LegitPhishSet Dataset – A Phishing and Legitimate Dataset for Rapid Benchmarking
The legitPhishSet Dataset contains a total of 30,000 samples of webpages, namely, 15,000 legitimate samples and 15,000 phishing samples. All webpage elements (i.e., images, URLs, HTML, screenshot and WHOIS information) are organized according to different folder for each sample. Anti-phishing research is one of the active research fields in information security. Most of the researches are using their own dataset for the experiment. This makes the benchmarking become challenging and inefficient. The main objective of this project is to propose and construct a standard offline dataset that is universal and suitable for a wide range of anti-phishing researches.
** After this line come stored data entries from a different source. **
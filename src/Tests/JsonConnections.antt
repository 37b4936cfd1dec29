-- ===== src/Tests/JsonConnections.antt =====
-- JSON sessions and their connections at concrete inputs.
use can_bridge_daemon.Prelude.{
  Option, String, ◌≡◌, refl, true, none, some, [], ◌∷◌, ◌++◌, foldl, ok, err, str_eq, if◌then◌else◌,
}
use can_bridge_daemon.Protocol.{FrameFilter, ClientRequest, DaemonResponse, Serde}
use can_bridge_daemon.Writer.{
  event, Connection, Choice, turn, write, on_event, writer_step, opened, Reach, here, next, reads,
  publishes, writes,
}
use can_bridge_daemon.Writer.Reader.{Reader, sets}
use can_bridge_daemon.Subscription.{contains, insert, should_send_frame, update_subscription_set}
use can_bridge_daemon.Subscription.Filters.{should_send_filtered, any_matches, frame_matches_filter}
use can_bridge_daemon.WsJson
use can_bridge_daemon.WsJson.{WsPhase, WsJsonSession, Input}
use can_bridge_daemon.WsJson.Selection.{Serves, hears, should_send_filtered_iff, run-Serves}
use can_bridge_daemon.WsJson.Greeting.{Greets, run-Greets_ws}
use can_bridge_daemon.TcpJson
use can_bridge_daemon.TcpJson.{JsonPhase, JsonSession}
use can_bridge_daemon.TcpJson.Reader
use can_bridge_daemon.TcpJson.Connection
use can_bridge_daemon.TcpJson.Connection.{json_transport, Reach-InOrder_json}
use can_bridge_daemon.WsJson.Race.{ReaderAt, Shared, apart, ws_transport, WsTurn, subscribe_race}
use can_bridge_daemon.Tests.Connections.{ports, service, on_can0}

-- A decoder that takes three texts.
abbrev serde : Serde
serde = record {
  from_str = λ text.
      if str_eq text "can1"
      then ok (ClientRequest.subscribe ("can1" ∷ []) [])
      else if str_eq text "off"
      then ok ClientRequest.unsubscribe
      else if str_eq text "hello"
      then ok (ClientRequest.client_hello "c" "v1")
      else err "expected value";
  debug_request = λ r. "a request";
}

abbrev ws_session : WsJsonSession (Unit {0})
ws_session = record {
  phase = WsPhase.ready;
  service = service;
  subscribed = "can0" ∷ [];
  filters = [];
  sent = [];
}

ws_session-Serves : Serves (some ("can0" ∷ [], [])) ws_session
unfolding insert contains
ws_session-Serves = (refl, should_send_filtered_iff ("can0" ∷ []) [])

run-Serves_example :
    Serves
      (foldl
        (hears ports serde)
        (some ("can0" ∷ [], []))
        (Input.text "off" ∷ Input.text "{" ∷ Input.text "can1" ∷ []))
      (WsJson.run ports serde ws_session
        (Input.text "off" ∷ Input.text "{" ∷ Input.text "can1" ∷ []))
run-Serves_example =
    run-Serves ports serde (Input.text "off" ∷ Input.text "{" ∷ Input.text "can1" ∷ [])
      (some ("can0" ∷ [], [])) ws_session (tt, (tt, (tt, tt))) ws_session-Serves

-- Frames on one interface and of four bytes at least.
abbrev long_only : FrameFilter
long_only = record {
  iface = none;
  id = none;
  id_mask = none;
  is_fd = none;
  min_len = some 4;
  max_len = none;
}

abbrev elsewhere : WsJsonSession (Unit {0})
elsewhere = record ws_session { subscribed = "can1" ∷ [] }

-- From all frames of can1 to the long ones of can0: a short one of can0 is written.
subscribe_race_example :
    (c : Connection (Shared (Unit {0})) DaemonResponse) × Reach
      (ws_transport (λ item. true))
      (WsTurn ports serde)
      (opened (apart (ReaderAt.loop elsewhere)) [])
      c
    × (c.reader
        ≡ apart (
            ReaderAt.loop (
              WsJson.dispatch ports
                (ClientRequest.subscribe ("can0" ∷ []) (long_only ∷ []))
                elsewhere)))
    × (c.written ≡ event on_can0 ∷ [])
unfolding should_send_filtered any_matches frame_matches_filter contains insert
subscribe_race_example =
    subscribe_race ports serde (λ item. true) elsewhere ("can0" ∷ []) (long_only ∷ []) on_can0 refl
      refl refl refl refl

abbrev json_session : JsonSession (Unit {0})
json_session = record { phase = JsonPhase.ready; service = service; subscribed = []; sent = [] }

json_session-IsAsked : TcpJson.Reader.IsAsked json_session
unfolding should_send_frame contains
json_session-IsAsked ev h = cc h

abbrev subscribing : JsonSession (Unit {0})
subscribing = record json_session {
  subscribed = update_subscription_set json_session.subscribed ("can0" ∷ []);
}

abbrev to_string : DaemonResponse → Option String
to_string response = some "{}"

-- The frame is written before the acknowledgement is handed over.
abbrev json_flow : Connection (Reader (JsonSession (Unit {0})) DaemonResponse) DaemonResponse
json_flow =
    writer_step (json_transport to_string) true Choice.frame
      (record (opened (Reader.loop json_session) []) {
        reader = Reader.answering (DaemonResponse.subscribed ("can0" ∷ [])) subscribing;
        outgoing = [] ++ [];
        published = [] ++ (on_can0 ∷ []);
        backlog = [] ++ (on_can0 ∷ []);
      })

json_flow_reached :
    Reach
      (json_transport to_string)
      (TcpJson.Connection.ReaderTurns ports serde)
      (opened (Reader.loop json_session) json_session.sent)
      json_flow
json_flow_reached =
    next
      (next
        (next here (
          reads (
            sets json_session subscribing (DaemonResponse.subscribed ("can0" ∷ []))
              (TcpJson.Reader.Sets.subscribes ("can0" ∷ []) refl refl) refl refl refl)))
        (publishes on_can0))
      (writes true Choice.frame)

json_flow_written : json_flow.written ≡ event on_can0 ∷ []
unfolding writer_step turn on_event write should_send_frame contains update_subscription_set insert
json_flow_written = refl

run-Greets_ws_example :
    Greets ports serde service
      (Input.text "hello")
      (Input.text "can1" ∷ [])
      (WsJson.run ports serde (WsJson.start service) (Input.text "hello" ∷ Input.text "can1" ∷ []))
run-Greets_ws_example =
    run-Greets_ws ports serde service (Input.text "hello") (Input.text "can1" ∷ [])

-- A hello and a subscription, and a subscription that comes before the hello.
greeted_run :
    (WsJson.run ports serde
      (WsJson.start service)
      (Input.text "hello" ∷ Input.text "can1" ∷ [])).subscribed
    ≡ "can1" ∷ []
unfolding WsJson.run WsJson.step WsJson.start insert
greeted_run = refl

refused_run :
    (WsJson.run ports serde
      (WsJson.start service)
      (Input.text "can1" ∷ Input.text "hello" ∷ [])).subscribed
    ≡ []
unfolding WsJson.run WsJson.step WsJson.start insert
refused_run = refl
The dataset encompasses samples of phishing and legitimate webpages with a distribution of 50 percent each type. In order to make the dataset as comprehensive as possible, the project has considered major anti-phishing researches from the literature and performed a thorough investigation. The works include identifying the raw elements needed, source of the sample, size and influencing factor on the dataset that form the basis criteria for the dataset construction. The final outcome of this project is a readily downloadable dataset that has 30,000 samples of phishing and legitimate webpages. The samples in the dataset consist of all the required elements that have been used in different researches from the literature. The dataset will be useful and suitable for a wide range of anti-phishing researches in conducting the benchmarking as well as beneficial for a research to conduct a rapid proof of concept experiment.
Detail of the dataset:Size: 64GB Folder Structure: 2 folders (1st folder with 150 zip files and 2nd 15 zip files)
Contains 2 large zip file: (1) Legitimate.zip (56GB) and (2) Phishing.zip(7.3GB)